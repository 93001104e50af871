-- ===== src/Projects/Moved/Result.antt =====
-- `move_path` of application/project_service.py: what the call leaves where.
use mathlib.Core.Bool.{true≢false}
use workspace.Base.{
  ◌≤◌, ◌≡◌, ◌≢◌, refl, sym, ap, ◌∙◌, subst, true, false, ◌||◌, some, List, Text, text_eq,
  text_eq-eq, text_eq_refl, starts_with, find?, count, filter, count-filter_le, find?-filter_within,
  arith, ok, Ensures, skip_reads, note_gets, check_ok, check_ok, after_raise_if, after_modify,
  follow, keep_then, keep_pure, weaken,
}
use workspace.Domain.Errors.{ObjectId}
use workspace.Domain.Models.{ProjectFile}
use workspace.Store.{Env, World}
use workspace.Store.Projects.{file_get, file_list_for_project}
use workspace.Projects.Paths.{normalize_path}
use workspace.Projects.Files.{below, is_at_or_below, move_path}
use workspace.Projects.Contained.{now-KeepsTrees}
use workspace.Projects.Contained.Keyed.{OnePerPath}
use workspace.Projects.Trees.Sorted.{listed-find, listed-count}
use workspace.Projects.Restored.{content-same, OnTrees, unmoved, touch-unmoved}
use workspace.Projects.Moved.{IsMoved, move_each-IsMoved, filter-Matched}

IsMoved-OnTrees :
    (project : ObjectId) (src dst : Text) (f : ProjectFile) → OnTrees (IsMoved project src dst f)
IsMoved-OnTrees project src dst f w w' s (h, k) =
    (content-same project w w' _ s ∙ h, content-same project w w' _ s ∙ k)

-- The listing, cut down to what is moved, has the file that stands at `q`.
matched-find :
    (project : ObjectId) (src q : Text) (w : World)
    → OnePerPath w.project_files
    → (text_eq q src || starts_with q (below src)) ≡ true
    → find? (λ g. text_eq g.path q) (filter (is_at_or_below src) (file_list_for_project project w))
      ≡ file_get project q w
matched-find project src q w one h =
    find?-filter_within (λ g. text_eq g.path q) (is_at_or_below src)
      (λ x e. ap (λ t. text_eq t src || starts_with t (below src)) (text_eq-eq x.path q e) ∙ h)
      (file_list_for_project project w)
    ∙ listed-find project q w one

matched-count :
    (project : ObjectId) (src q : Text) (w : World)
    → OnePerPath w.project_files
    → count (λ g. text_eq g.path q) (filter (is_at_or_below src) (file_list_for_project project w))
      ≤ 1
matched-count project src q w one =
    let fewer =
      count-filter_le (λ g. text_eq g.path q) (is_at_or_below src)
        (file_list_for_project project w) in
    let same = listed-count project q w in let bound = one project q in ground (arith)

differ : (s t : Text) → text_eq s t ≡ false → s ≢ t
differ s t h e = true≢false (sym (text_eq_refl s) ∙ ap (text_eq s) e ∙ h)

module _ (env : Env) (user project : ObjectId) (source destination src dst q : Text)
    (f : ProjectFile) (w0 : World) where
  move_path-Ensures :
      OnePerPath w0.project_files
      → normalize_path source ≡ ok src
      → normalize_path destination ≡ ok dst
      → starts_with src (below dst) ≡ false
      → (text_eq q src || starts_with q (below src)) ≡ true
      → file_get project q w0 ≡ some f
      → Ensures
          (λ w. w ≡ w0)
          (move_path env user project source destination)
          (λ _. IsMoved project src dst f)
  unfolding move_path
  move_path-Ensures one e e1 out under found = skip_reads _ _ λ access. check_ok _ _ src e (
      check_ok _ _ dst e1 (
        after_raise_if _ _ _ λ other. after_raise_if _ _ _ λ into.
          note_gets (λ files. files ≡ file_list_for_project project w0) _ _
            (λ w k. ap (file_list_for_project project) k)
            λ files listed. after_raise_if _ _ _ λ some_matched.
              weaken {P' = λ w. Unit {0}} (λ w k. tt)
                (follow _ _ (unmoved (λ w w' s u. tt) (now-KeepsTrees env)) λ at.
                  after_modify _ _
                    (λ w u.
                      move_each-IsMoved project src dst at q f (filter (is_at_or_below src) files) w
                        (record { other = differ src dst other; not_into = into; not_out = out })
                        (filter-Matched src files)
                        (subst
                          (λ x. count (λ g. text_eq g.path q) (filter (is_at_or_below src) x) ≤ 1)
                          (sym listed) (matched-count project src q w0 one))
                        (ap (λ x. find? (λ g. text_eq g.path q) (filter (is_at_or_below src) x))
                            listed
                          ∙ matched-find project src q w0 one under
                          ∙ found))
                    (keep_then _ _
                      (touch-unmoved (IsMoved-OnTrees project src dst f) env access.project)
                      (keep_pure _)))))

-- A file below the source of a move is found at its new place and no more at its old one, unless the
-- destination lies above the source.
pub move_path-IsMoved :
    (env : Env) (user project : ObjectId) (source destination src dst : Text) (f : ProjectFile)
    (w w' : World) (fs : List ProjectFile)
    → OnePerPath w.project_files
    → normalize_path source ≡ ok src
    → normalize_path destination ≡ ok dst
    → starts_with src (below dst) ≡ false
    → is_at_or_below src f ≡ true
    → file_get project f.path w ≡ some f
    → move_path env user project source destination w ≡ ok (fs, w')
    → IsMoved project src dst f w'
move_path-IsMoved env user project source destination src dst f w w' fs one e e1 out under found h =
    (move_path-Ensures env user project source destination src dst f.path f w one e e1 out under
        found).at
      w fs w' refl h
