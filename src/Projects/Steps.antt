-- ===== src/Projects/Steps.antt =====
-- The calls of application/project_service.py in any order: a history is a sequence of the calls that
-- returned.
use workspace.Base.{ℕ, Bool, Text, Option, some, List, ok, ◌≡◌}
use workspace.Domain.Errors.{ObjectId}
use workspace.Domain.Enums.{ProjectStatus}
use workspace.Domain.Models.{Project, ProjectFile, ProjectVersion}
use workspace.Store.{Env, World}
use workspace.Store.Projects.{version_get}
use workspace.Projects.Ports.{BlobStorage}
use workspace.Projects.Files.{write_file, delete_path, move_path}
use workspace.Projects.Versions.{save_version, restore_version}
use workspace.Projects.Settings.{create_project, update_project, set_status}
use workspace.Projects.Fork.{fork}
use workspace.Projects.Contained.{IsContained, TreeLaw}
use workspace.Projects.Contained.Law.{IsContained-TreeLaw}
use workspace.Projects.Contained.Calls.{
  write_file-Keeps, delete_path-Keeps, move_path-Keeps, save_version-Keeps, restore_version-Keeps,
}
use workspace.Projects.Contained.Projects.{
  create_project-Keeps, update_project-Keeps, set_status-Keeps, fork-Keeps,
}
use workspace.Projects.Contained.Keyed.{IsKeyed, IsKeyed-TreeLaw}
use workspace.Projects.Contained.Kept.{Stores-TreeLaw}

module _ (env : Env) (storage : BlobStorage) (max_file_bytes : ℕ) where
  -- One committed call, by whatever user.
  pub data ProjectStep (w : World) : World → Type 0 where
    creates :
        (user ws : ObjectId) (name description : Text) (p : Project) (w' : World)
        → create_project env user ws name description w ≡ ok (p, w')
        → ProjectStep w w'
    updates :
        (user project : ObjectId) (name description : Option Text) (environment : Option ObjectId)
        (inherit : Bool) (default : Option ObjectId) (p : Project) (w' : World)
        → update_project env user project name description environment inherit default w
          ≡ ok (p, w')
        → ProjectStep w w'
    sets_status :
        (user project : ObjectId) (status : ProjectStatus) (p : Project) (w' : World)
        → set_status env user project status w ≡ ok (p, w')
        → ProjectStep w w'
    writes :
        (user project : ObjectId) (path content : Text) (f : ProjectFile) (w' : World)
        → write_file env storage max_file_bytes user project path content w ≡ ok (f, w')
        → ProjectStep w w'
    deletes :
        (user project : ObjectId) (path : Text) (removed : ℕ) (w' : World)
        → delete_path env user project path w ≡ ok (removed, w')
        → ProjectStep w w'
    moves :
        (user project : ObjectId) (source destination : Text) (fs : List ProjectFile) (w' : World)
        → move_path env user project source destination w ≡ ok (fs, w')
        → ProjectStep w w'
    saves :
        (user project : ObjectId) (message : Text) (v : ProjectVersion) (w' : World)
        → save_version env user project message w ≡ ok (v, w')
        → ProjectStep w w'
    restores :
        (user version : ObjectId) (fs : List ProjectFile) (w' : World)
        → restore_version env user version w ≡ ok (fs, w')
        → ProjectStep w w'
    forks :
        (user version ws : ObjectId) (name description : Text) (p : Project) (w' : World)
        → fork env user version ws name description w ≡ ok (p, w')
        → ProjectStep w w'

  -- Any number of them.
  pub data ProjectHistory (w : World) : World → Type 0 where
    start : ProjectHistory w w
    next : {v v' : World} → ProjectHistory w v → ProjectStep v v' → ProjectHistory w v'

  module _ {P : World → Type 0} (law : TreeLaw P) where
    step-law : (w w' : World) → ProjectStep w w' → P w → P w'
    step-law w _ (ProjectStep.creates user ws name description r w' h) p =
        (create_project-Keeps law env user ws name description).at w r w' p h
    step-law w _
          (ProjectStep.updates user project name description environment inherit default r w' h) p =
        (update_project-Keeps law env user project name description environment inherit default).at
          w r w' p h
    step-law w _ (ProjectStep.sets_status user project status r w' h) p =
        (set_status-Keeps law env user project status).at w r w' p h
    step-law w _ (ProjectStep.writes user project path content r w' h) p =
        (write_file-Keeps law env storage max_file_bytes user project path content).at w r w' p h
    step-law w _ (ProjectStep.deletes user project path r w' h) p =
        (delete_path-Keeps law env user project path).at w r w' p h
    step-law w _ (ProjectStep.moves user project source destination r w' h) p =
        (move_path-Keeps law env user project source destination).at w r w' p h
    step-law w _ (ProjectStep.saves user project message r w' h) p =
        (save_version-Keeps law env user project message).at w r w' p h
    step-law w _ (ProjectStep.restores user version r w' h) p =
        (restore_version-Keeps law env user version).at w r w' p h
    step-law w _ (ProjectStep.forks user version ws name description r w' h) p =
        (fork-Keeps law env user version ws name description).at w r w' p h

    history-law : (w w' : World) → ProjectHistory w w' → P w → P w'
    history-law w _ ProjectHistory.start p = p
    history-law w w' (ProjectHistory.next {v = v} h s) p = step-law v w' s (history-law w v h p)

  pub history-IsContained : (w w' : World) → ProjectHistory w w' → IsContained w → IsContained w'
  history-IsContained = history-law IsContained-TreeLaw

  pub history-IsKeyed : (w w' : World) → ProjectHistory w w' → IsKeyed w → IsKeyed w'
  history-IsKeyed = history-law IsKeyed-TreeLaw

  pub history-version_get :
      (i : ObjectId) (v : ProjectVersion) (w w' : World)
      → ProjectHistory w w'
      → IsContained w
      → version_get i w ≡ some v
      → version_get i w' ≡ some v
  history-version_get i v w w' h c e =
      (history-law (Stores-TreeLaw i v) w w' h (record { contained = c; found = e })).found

#####

§ Task instructions: Please return all lines in the material above that include the word "weaken".

§ Answer to the exercise:
  follow, keep_then, keep_pure, weaken,
              weaken {P' = λ w. Unit {0}} (λ w k. tt)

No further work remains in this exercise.